(Task description):
Filter the data for "unfolding" and copy matching lines.

Stored data entries
********
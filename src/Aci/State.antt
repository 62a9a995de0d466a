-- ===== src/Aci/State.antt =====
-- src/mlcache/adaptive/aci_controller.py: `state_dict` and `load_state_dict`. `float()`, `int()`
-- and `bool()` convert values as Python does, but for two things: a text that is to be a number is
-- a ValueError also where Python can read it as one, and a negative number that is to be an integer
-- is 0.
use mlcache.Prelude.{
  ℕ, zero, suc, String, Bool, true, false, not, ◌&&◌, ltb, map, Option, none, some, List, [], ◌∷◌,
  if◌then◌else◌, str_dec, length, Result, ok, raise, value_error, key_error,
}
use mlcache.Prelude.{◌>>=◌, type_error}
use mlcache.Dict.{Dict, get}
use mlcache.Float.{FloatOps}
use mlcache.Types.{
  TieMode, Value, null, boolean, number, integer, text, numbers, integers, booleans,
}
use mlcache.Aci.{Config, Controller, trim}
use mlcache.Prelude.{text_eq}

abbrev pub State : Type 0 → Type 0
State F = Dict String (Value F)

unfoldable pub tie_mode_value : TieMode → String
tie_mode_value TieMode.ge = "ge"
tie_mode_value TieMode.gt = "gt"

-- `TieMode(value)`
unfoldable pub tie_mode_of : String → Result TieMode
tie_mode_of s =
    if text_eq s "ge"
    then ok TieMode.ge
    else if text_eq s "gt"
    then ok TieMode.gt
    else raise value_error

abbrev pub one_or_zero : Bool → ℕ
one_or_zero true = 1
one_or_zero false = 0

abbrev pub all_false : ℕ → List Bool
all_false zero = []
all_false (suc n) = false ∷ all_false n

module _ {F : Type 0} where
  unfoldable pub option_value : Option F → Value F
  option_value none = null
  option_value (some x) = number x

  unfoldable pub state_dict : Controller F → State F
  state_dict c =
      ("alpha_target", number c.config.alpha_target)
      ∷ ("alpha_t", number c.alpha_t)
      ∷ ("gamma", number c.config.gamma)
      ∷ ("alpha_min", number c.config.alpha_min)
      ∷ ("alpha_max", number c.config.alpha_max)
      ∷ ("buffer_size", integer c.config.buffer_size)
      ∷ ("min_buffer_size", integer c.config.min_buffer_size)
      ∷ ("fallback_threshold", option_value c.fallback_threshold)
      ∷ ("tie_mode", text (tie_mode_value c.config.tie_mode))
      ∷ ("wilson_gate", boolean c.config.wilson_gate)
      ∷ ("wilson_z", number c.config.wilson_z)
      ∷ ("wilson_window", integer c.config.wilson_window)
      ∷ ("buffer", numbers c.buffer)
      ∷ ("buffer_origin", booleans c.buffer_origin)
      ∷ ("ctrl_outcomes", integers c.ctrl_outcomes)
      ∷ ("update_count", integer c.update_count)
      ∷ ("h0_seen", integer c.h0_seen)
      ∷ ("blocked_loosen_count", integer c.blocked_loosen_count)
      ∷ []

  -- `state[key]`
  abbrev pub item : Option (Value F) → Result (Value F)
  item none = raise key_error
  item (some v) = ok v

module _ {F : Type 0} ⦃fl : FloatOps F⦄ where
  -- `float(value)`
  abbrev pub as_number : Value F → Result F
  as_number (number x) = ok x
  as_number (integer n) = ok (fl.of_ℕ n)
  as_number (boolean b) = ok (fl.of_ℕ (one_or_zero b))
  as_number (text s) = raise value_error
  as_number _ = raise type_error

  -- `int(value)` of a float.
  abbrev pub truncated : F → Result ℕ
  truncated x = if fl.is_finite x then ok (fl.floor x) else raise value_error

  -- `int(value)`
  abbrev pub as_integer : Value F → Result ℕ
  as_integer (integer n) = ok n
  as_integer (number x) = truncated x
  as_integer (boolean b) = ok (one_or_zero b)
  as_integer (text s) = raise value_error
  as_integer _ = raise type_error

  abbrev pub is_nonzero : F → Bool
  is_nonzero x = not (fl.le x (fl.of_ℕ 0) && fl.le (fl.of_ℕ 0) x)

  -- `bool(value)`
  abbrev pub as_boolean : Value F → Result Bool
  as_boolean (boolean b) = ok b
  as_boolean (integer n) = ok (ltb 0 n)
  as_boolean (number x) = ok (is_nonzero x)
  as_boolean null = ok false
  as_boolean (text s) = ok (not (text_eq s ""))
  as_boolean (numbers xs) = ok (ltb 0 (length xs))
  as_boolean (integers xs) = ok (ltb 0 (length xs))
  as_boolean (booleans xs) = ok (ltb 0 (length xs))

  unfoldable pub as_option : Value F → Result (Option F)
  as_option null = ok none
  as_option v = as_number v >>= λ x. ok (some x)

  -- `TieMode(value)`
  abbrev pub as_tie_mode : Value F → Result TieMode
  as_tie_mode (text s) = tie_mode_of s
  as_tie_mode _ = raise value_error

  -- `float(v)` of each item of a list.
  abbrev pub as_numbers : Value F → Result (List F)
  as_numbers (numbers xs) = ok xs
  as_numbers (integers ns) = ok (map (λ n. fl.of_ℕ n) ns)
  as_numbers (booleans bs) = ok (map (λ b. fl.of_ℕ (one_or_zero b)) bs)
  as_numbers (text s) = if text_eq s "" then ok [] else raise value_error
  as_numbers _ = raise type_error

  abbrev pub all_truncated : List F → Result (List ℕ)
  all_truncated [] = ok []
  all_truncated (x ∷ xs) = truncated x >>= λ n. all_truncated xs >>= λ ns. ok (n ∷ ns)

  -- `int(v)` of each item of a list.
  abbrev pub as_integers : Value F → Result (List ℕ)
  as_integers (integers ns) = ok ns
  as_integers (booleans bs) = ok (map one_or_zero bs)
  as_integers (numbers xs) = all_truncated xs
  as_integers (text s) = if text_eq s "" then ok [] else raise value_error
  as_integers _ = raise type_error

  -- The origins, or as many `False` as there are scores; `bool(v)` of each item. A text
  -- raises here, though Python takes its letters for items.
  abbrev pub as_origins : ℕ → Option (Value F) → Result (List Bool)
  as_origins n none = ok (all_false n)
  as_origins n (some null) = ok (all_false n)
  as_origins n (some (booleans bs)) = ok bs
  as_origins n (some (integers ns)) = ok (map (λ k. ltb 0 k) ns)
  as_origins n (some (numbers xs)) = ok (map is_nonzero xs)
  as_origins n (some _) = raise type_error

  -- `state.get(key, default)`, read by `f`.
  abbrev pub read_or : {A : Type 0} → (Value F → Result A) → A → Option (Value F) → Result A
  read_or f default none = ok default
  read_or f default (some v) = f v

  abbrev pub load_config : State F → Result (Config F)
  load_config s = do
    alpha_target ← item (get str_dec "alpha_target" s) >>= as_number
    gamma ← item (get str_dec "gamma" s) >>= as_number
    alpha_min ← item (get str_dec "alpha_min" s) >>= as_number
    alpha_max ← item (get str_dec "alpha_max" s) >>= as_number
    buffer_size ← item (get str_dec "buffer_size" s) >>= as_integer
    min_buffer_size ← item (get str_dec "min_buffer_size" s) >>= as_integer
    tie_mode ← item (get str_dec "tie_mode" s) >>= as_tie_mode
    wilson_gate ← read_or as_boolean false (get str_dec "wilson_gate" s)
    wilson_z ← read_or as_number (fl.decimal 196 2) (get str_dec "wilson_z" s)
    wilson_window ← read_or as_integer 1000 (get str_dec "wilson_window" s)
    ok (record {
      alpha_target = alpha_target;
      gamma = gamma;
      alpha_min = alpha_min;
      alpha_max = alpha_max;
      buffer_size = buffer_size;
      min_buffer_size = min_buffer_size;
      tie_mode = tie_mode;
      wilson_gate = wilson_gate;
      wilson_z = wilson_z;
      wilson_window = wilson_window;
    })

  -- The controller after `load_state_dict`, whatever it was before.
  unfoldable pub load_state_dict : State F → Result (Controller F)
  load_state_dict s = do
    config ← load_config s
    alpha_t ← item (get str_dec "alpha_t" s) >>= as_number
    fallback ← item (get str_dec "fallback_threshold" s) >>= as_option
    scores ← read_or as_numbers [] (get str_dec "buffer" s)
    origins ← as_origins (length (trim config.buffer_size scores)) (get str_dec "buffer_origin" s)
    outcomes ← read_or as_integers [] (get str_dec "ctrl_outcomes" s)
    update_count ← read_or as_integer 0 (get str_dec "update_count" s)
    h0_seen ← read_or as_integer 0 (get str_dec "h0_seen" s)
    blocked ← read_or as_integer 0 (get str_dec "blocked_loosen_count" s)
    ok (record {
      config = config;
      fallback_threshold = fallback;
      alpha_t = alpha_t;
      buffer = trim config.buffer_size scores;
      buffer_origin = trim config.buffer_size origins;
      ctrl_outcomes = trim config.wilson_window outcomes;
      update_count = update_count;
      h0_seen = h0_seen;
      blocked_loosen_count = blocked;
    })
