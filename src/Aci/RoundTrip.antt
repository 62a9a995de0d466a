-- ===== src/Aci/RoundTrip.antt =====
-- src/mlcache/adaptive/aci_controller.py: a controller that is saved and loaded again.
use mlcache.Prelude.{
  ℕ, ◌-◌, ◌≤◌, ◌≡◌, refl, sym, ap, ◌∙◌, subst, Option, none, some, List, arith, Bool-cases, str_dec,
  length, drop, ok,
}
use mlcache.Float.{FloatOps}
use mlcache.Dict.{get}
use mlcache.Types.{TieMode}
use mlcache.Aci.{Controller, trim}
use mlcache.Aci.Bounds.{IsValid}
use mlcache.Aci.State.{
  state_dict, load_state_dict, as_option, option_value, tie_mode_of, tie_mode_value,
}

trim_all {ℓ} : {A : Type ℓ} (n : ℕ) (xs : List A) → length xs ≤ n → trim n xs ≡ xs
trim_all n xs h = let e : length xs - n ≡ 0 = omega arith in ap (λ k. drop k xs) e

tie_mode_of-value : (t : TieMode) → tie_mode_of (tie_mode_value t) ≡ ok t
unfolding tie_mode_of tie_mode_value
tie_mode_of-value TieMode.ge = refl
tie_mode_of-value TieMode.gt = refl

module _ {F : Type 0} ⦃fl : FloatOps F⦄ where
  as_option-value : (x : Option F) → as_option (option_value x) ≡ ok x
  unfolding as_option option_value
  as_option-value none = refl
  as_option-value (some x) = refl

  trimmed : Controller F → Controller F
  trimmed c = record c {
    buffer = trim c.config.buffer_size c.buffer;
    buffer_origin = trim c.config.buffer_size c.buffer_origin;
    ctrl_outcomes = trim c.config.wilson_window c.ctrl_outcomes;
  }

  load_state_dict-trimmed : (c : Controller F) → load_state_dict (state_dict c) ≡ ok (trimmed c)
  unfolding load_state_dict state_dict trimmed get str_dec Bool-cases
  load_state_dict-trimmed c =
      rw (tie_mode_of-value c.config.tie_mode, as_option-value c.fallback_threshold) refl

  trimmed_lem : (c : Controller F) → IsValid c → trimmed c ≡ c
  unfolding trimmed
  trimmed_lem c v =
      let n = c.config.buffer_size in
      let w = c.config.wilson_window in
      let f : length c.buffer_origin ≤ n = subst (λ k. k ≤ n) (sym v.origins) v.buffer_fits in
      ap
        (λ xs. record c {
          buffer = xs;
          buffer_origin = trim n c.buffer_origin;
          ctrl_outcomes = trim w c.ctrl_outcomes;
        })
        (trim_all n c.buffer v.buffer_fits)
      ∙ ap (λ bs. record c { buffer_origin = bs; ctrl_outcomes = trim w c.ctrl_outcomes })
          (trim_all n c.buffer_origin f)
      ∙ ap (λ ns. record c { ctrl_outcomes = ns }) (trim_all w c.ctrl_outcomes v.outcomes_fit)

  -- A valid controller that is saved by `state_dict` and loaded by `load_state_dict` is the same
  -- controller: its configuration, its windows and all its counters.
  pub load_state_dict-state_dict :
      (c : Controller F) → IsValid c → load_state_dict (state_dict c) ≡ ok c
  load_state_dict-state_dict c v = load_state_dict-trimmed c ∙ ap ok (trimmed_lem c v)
********
(Exercise answer):
unfolding tie_mode_of tie_mode_value
  unfolding as_option option_value
  unfolding load_state_dict state_dict trimmed get str_dec Bool-cases
  unfolding trimmed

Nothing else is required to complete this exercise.